= Wraparound (video games) =

Video game mechanic where opposite screen edges are connected

Wraparound, in video games, is when an object moves off of one side of the screen and reappears on the other side. In Asteroids, for example, the player's ship flies off of the right side of the screen, then continues on the left side with the same velocity. This is referred to as wraparound, since the top and bottom of the screen wrap around to meet, as do the left and right sides (topologically equivalent to a Euclidean 2-torus).

Some games wrap around in certain directions but not others, such as Joust (1982), which wraps left to right but not top to bottom (that is, the game world is topologically equivalent to a cylinder). Some games such as Asteroids have no boundary and objects can travel over any part of the screen edge and reappear on the other side. Others such as Pac-Man, Wizard of Wor, and some games in the Bomberman series, have a boundary surrounding most of the playing area, but have a few paths connecting the left side to the right, or the top to the bottom, that characters can travel on.

In contrast, some games such as Defender (1981) do not allow objects to leave one edge of the screen and reenter by the other, but do have a toroidal game world, in the sense that flying far enough in one direction will lead the player back where they started. Manifold Garden (2019) applies the same "world-wrapping" in three dimensions.

== History ==

1962's Spacewar! has a wraparound playfield, as does the first commercial arcade video game, Computer Space (1971). Wraparound was common in games throughout the 1970s and early 1980s, including Space Race (1973), Combat (1977), Asteroids (1979), and Star Castle (1980).
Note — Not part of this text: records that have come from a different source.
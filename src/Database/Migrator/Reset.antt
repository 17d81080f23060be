-- ===== src/Database/Migrator/Reset.antt =====
-- `Reset`: which migrations are rolled back, in which order, also when it fails on the way.
use gin_di.Prelude.{
  All-reverse, ◌≡◌, ◌≢◌, refl, inl, inr, ◌⊎◌, ◌∙◌, ap, sym, subst, List, [], ◌∷◌, ◌++◌, reverse,
  Result, ok, err, All, has, and_then, and_then_rule, Bool-cases, Text, codes, if◌then◌else◌,
}
use gin_di.Database.Interface.{
  Database, Failure, Records, without, IsTransactional, wrap, delete_migration,
}
use gin_di.Database.Migrator.{
  none, RegisteredMigration, under, revert, revert_all, reset, ensure_repository,
  applied_migrations,
}
use gin_di.Database.Migrator.Atomic.{
  IsOrdinary, IsCommitted, revert-IsCommitted, ensure_repository-recorded,
}
use gin_di.Database.Migrator.Reads.{applied_migrations-eq-ok, err≢ok}

module _ (d : Database) where
  -- The migrations that a map names, in their order.
  abbrev pub applied_of {ℓ} :
      {V : Type ℓ} → List (Text × V) → List (RegisteredMigration d) → List (RegisteredMigration d)
  applied_of applied [] = []
  applied_of applied (m ∷ ms) =
      if has m.name applied then m ∷ applied_of applied ms else applied_of applied ms

  -- The rows that stay when these migrations are forgotten, one after the other.
  abbrev pub forget : Records → List (RegisteredMigration d) → Records
  forget rows [] = rows
  forget rows (m ∷ ms) = forget (without m.name rows) ms

module _ (d : Database) (laws : IsTransactional d) where
  open d use {Db, Tx, Error}
  open laws use {recorded}

  -- These migrations were rolled back, in their order: for each the Down and the delete of its row, both
  -- without an error, make up a transaction that was committed.
  abbrev pub Reverted : Db → List (RegisteredMigration d) → Db → Type 0
  Reverted db [] later = later ≡ db
  Reverted db (m ∷ ms) later =
      (tx : Tx) × (d.begin db ≡ ok tx)
      × ((m.down tx).1 ≡ none)
      × ((d.exec (delete_migration m.name) (m.down tx).0).1 ≡ none)
      × Reverted (d.commit (d.exec (delete_migration m.name) (m.down tx).0).0 db).0 ms later

  -- The front of the migrations is rolled back from `db` on and forgotten, in their order; all of them,
  -- unless there is an error.
  pub record RevertsFront (db : Db) (rows : Records) (ms : List (RegisteredMigration d))
      (r : Db × Result (Failure Error) (Unit {0})) : Type 0 where
    pub front : List (RegisteredMigration d)
    pub back : List (RegisteredMigration d)
    pub split : ms ≡ front ++ back
    pub reverted : Reverted db front r.0
    pub forgotten : recorded r.0 ≡ forget d rows front
    pub ended : ((r.1 ≡ ok tt) × (back ≡ [])) ⊎ ((e : Failure Error) × (r.1 ≡ err e) × (back ≢ []))

  reverted_here :
      (rows : Records) (m : RegisteredMigration d) (ms : List (RegisteredMigration d)) (db : Db)
      (context : Text) (rest : Db → Db × Result (Failure Error) (Unit {0}))
      (r : Db × Result (Failure Error) (Unit {0}))
      → recorded db ≡ rows
      → IsCommitted d laws db m.down (delete_migration m.name) (without m.name rows) r
      → ((db' : Db) → RevertsFront db' (recorded db') ms (rest db'))
      → RevertsFront db rows (m ∷ ms) (and_then (under context r) (λ _. rest))
  reverted_here rows m ms db context rest (db', ok a) same_rows
        (inl (tx, begun, stepped, written, went, new)) h =
      let later = h db' in
      record {
        front = m ∷ later.front;
        back = later.back;
        split = ap (◌∷◌ m) later.split;
        reverted = (
          tx,
          begun,
          stepped,
          written,
          subst (λ s. Reverted s later.front (rest db').0) (ap (λ r. r.0) went) later.reverted,
        );
        forgotten = later.forgotten ∙ ap (λ rows'. forget d rows' later.front) new;
        ended = later.ended;
      }
  reverted_here rows m ms db context rest (db', ok a) same_rows (inr (e, never)) h =
      absurd (err≢ok (sym (ap (λ r. r.1) never)))
  reverted_here rows m ms db context rest (db', err e) same_rows
        (inl (tx, begun, stepped, written, never, new)) h =
      absurd (err≢ok (ap (λ r. r.1) never))
  reverted_here rows m ms db context rest (db', err e) same_rows (inr (x, kept)) h = record {
    front = [];
    back = m ∷ ms;
    split = refl;
    reverted = ap (λ r. r.0) kept;
    forgotten = ap (λ r. recorded r.0) kept ∙ same_rows;
    ended = inr (wrap context e, refl, λ n. cc);
  }

  revert_all-RevertsFront :
      (applied : List (Text × Unit {0})) (ms : List (RegisteredMigration d)) (db : Db)
      → All (IsOrdinary d laws) ms
      → RevertsFront db (recorded db) (applied_of d applied ms) (revert_all d ms applied db)
  unfolding revert_all
  revert_all-RevertsFront applied [] db h = record {
    front = [];
    back = [];
    split = refl;
    reverted = refl;
    forgotten = refl;
    ended = inl (refl, refl);
  }
  revert_all-RevertsFront applied (m ∷ ms) db (plain, h) =
      let rest = λ (db' : Db). revert_all-RevertsFront applied ms db' h in
      elim (Bool-cases (has m.name applied)) [
        | inl e ↦ rw e (
            reverted_here (recorded db) m (applied_of d applied ms) db
              (codes "rolling back " ++ m.name ++ codes ": ") (revert_all d ms applied)
              (revert d m db) refl (revert-IsCommitted d laws m db plain) rest)
        | inr e ↦ rw e (rest db)
      ]

  applied_of-eq :
      (applied : List (Text × Unit {0})) (rows : Records) (ms : List (RegisteredMigration d))
      → ((n : Text) → has n applied ≡ has n rows)
      → applied_of d applied ms ≡ applied_of d rows ms
  applied_of-eq applied rows [] h = refl
  applied_of-eq applied rows (m ∷ ms) h = rw (h m.name, applied_of-eq applied rows ms h)

  -- How a reset ends: before its first rollback, with an error and the rows that there were; or with a
  -- front of the recorded migrations, newest first, rolled back and forgotten.
  abbrev pub ResetOutcome :
      Db → List (RegisteredMigration d) → Db × Result (Failure Error) (Unit {0}) → Type 0
  ResetOutcome db ms r =
      ((e : Failure Error) × (r.1 ≡ err e) × (recorded r.0 ≡ recorded db))
      ⊎ RevertsFront (ensure_repository d db).0 (recorded db)
          (applied_of d (recorded db) (reverse ms)) r

  -- A reset of ordinary migrations, from a database in any state, either fails before it rolls any
  -- back and leaves the rows as they were, or it rolls back a front of those that are recorded, from
  -- the last registered on, all of them unless it ends with an error: for each, its Down and the
  -- delete of its row, both without an error, make up a transaction that is committed, in this order,
  -- and their rows are forgotten.
  pub reset-ResetOutcome :
      (ms : List (RegisteredMigration d)) (db : Db)
      → All (IsOrdinary d laws) ms
      → ResetOutcome db ms (reset d ms db)
  unfolding reset applied_migrations
  reset-ResetOutcome ms db h =
      and_then_rule P (ensure_repository d db) _
        (λ db1 _ made.
          and_then_rule P (applied_migrations d db1) _
            (λ db2 applied read.
              loop db2 applied (ap (λ r. r.0) made ∙ ap (λ r. r.0) read)
                (same_rows db1 db2 (ap (λ r. r.0) made) (ap (λ r. r.0) read))
                (subst (λ s. (applied_migrations d s).1 ≡ ok applied) (ap (λ r. r.0) read)
                  (ap (λ r. r.1) read)))
            (λ db2 e unread.
              inl (e, refl, same_rows db1 db2 (ap (λ r. r.0) made) (ap (λ r. r.0) unread))))
        (λ db1 e unmade. inl (e, refl, same_rows db1 db1 (ap (λ r. r.0) unmade) refl))
    where
      P : Db × Result (Failure Error) (Unit {0}) → Type 0
      P = ResetOutcome db ms

      same_rows :
          (db1 db2 : Db) → (ensure_repository d db).0 ≡ db1 → db1 ≡ db2 → recorded db2 ≡ recorded db
      same_rows db1 db2 made read =
          ap recorded (sym read) ∙ ap recorded (sym made) ∙ ensure_repository-recorded d laws db

      loop :
          (db' : Db) (applied : List (Text × Unit {0}))
          → (ensure_repository d db).0 ≡ db'
          → recorded db' ≡ recorded db
          → (applied_migrations d db').1 ≡ ok applied
          → P (revert_all d (reverse ms) applied db')
      loop db' applied made same_db read = inr (
          rw
            (
              made,
              ← same_db,
              ← applied_of-eq applied (recorded db') (reverse ms)
                  (applied_migrations-eq-ok d laws db' applied read),
            )
            (revert_all-RevertsFront applied (reverse ms) db'
              (All-reverse (IsOrdinary d laws) ms h)))
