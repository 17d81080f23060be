-- ===== src/Database/Migrator/Run.antt =====
-- `Run`: which migrations a run applies and records, also when it fails on the way.
use gin_di.Prelude.{
  and_then_rule, subst, ◌≢◌, if◌then◌else◌, ℕ, ◌≡◌, refl, inl, inr, ◌⊎◌, ◌<◌, ◌∙◌, ap, sym, List,
  [], ◌∷◌, ◌++◌, Result, ok, err, All, has, Bool-cases, Text, map, append-nil, append_assoc,
}
use gin_di.Database.Interface.{Database, Failure, Records, IsTransactional, wrap}
use gin_di.Database.Migrator.{
  codes, and_then, RegisteredMigration, under, apply, apply_all, run, ensure_repository,
  applied_migrations, next_batch,
}
use gin_di.Database.Migrator.Atomic.{
  ensure_repository-recorded, IsOrdinary, IsAtomic, apply-IsAtomic,
}
use gin_di.Database.Migrator.Reads.{err≢ok, applied_migrations-eq-ok, next_batch-eq-ok}

module _ (d : Database) where
  -- The migrations that a map does not name, in their order.
  abbrev pub pending {ℓ} :
      {V : Type ℓ} → List (Text × V) → List (RegisteredMigration d) → List (RegisteredMigration d)
  pending applied [] = []
  pending applied (m ∷ ms) =
      if has m.name applied then pending applied ms else m ∷ pending applied ms

  abbrev pub rows_of : ℕ → List (RegisteredMigration d) → Records
  rows_of batch = map (λ m. (m.name, batch))

module _ (d : Database) (laws : IsTransactional d) where
  open d use {Db, Tx, Error}
  open laws use {recorded}

  -- The front of the migrations is recorded in one batch, behind the rows that there were; all of
  -- them, unless there is an error.
  pub record AppliesFront (rows : Records) (batch : ℕ) (ms : List (RegisteredMigration d))
      (r : Db × Result (Failure Error) (Unit {0})) : Type 0 where
    pub front : List (RegisteredMigration d)
    pub back : List (RegisteredMigration d)
    pub split : ms ≡ front ++ back
    pub recorded_front : recorded r.0 ≡ rows ++ rows_of d batch front
    pub ended : ((r.1 ≡ ok tt) × (back ≡ [])) ⊎ ((e : Failure Error) × (r.1 ≡ err e) × (back ≢ []))

  AppliesFront-cons :
      {rows : Records} {batch : ℕ} {m : RegisteredMigration d} {ms : List (RegisteredMigration d)}
      {r : Db × Result (Failure Error) (Unit {0})}
      → AppliesFront (rows ++ (m.name, batch) ∷ []) batch ms r
      → AppliesFront rows batch (m ∷ ms) r
  AppliesFront-cons {rows} {batch} {m} a = record {
    front = m ∷ a.front;
    back = a.back;
    split = ap (◌∷◌ m) a.split;
    recorded_front = a.recorded_front ∙ append_assoc rows _ _;
    ended = a.ended;
  }

  applied_here :
      (rows : Records) (batch : ℕ) (m : RegisteredMigration d) (ms : List (RegisteredMigration d))
      (db : Db) (context : Text) (rest : Db → Db × Result (Failure Error) (Unit {0}))
      (r : Db × Result (Failure Error) (Unit {0}))
      → recorded db ≡ rows
      → IsAtomic d laws db (rows ++ (m.name, batch) ∷ []) r
      → ((db' : Db) → AppliesFront (recorded db') batch ms (rest db'))
      → AppliesFront rows batch (m ∷ ms) (and_then (under context r) (λ _. rest))
  applied_here rows batch m ms db context rest (db', ok a) same (inl (_, new)) h =
      AppliesFront-cons (subst (λ rows'. AppliesFront rows' batch ms (rest db')) new (h db'))
  applied_here rows batch m ms db context rest (db', ok a) same (inr (e, never)) h =
      absurd (err≢ok (sym (ap (λ r. r.1) never)))
  applied_here rows batch m ms db context rest (db', err e) same (inl (never, _)) h =
      absurd (err≢ok never)
  applied_here rows batch m ms db context rest (db', err e) same (inr (x, kept)) h = record {
    front = [];
    back = m ∷ ms;
    split = refl;
    recorded_front = ap (λ r. recorded r.0) kept ∙ same ∙ sym (append-nil rows);
    ended = inr (wrap context e, refl, λ n. cc);
  }

  apply_all-AppliesFront :
      (applied : List (Text × Unit {0})) (batch : ℕ) (ms : List (RegisteredMigration d)) (db : Db)
      → All (IsOrdinary d laws) ms
      → AppliesFront (recorded db) batch (pending d applied ms) (apply_all d ms applied batch db)
  unfolding apply_all
  apply_all-AppliesFront applied batch [] db h = record {
    front = [];
    back = [];
    split = refl;
    recorded_front = sym (append-nil _);
    ended = inl (refl, refl);
  }
  apply_all-AppliesFront applied batch (m ∷ ms) db (plain, h) =
      let rest = λ (db' : Db). apply_all-AppliesFront applied batch ms db' h in
      elim (Bool-cases (has m.name applied)) [
        | inl e ↦ rw e (rest db)
        | inr e ↦ rw e (
            applied_here (recorded db) batch m (pending d applied ms) db
              (codes "migrating " ++ m.name ++ codes ": ") (apply_all d ms applied batch)
              (apply d m batch db) refl (apply-IsAtomic d laws m batch db plain) rest)
      ]

  pending-eq :
      (applied : List (Text × Unit {0})) (rows : Records) (ms : List (RegisteredMigration d))
      → ((n : Text) → has n applied ≡ has n rows)
      → pending d applied ms ≡ pending d rows ms
  pending-eq applied rows [] h = refl
  pending-eq applied rows (m ∷ ms) h = rw (h m.name, pending-eq applied rows ms h)

  -- How a run ends: before its first migration, with an error and the rows that there were; or in a
  -- batch above all others, with a front of the unrecorded migrations recorded in their order.
  abbrev pub RunOutcome :
      Db → List (RegisteredMigration d) → Db × Result (Failure Error) (Unit {0}) → Type 0
  RunOutcome db ms r =
      ((e : Failure Error) × (r.1 ≡ err e) × (recorded r.0 ≡ recorded db))
      ⊎ ((batch : ℕ) × All (λ row. row.1 < batch) (recorded db)
          × AppliesFront (recorded db) batch (pending d (recorded db) ms) r)

  -- A run of ordinary migrations, from a database in any state, either fails before it applies
  -- any and leaves the rows as they were, or it records a front of those that have no row, in
  -- their order and in one batch above all others, behind the rows that there were: all of them,
  -- unless it ends with an error.
  pub run-RunOutcome :
      (ms : List (RegisteredMigration d)) (db : Db)
      → All (IsOrdinary d laws) ms
      → RunOutcome db ms (run d ms db)
  unfolding run applied_migrations next_batch
  run-RunOutcome ms db h =
      and_then_rule P (ensure_repository d db) _
        (λ db1 _ made.
          and_then_rule P (applied_migrations d db1) _
            (λ db2 applied read.
              and_then_rule P (next_batch d db2) _
                (λ db3 batch numbered.
                  loop db3 applied batch
                    (ap (λ r. recorded r.0) (sym numbered)
                      ∙ ap (λ r. recorded r.0) (sym read)
                      ∙ kept db1 made)
                    (subst (λ s. (next_batch d s).1 ≡ ok batch) (ap (λ r. r.0) numbered)
                      (ap (λ r. r.1) numbered))
                    (subst (λ s. (applied_migrations d s).1 ≡ ok applied)
                      (ap (λ r. r.0) read ∙ ap (λ r. r.0) numbered) (ap (λ r. r.1) read)))
                (λ db3 e unread. inl (
                  e,
                  refl,
                  ap (λ r. recorded r.0) (sym unread)
                      ∙ ap (λ r. recorded r.0) (sym read)
                      ∙ kept db1 made,
                )))
            (λ db2 e unread. inl (e, refl, ap (λ r. recorded r.0) (sym unread) ∙ kept db1 made)))
        (λ db1 e unmade. inl (e, refl, lost db1 e unmade))
    where
      P : Db × Result (Failure Error) (Unit {0}) → Type 0
      P = RunOutcome db ms

      kept : (db1 : Db) → ensure_repository d db ≡ (db1, ok tt) → recorded db1 ≡ recorded db
      kept db1 made = ap (λ r. recorded r.0) (sym made) ∙ ensure_repository-recorded d laws db

      lost :
          (db1 : Db) (e : Failure Error)
          → ensure_repository d db ≡ (db1, err e)
          → recorded db1 ≡ recorded db
      lost db1 e unmade = ap (λ r. recorded r.0) (sym unmade) ∙ ensure_repository-recorded d laws db

      loop :
          (db' : Db) (applied : List (Text × Unit {0})) (batch : ℕ)
          → recorded db' ≡ recorded db
          → (next_batch d db').1 ≡ ok batch
          → (applied_migrations d db').1 ≡ ok applied
          → P (apply_all d ms applied batch db')
      loop db' applied batch same numbered read = inr (
        batch,
        rw (← same) (next_batch-eq-ok d laws db' batch numbered),
        rw
            (
              ← same,
              ← pending-eq applied (recorded db') ms
                  (applied_migrations-eq-ok d laws db' applied read),
            )
            (apply_all-AppliesFront applied batch ms db' h),
      )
Surround (1977) for the Atari 2600 has a gameplay option called "wraparound" in the manual.

== Examples ==
Notable examples of video games that employed wraparound mechanics:

- Pac-Man (1980): When Pac-Man reaches the edge of the screen, he reappears on the opposite side, enabling continuous movement through the maze.
- Asteroids (1979): In this arcade shooter, the game space wraps around. Many Asteroids-inspired games, such as Geometry Wars, also do this.
- Super Mario Bros. series (1985-present): Many entries in the Super Mario Bros. franchise utilize wraparound, particularly in platforming levels.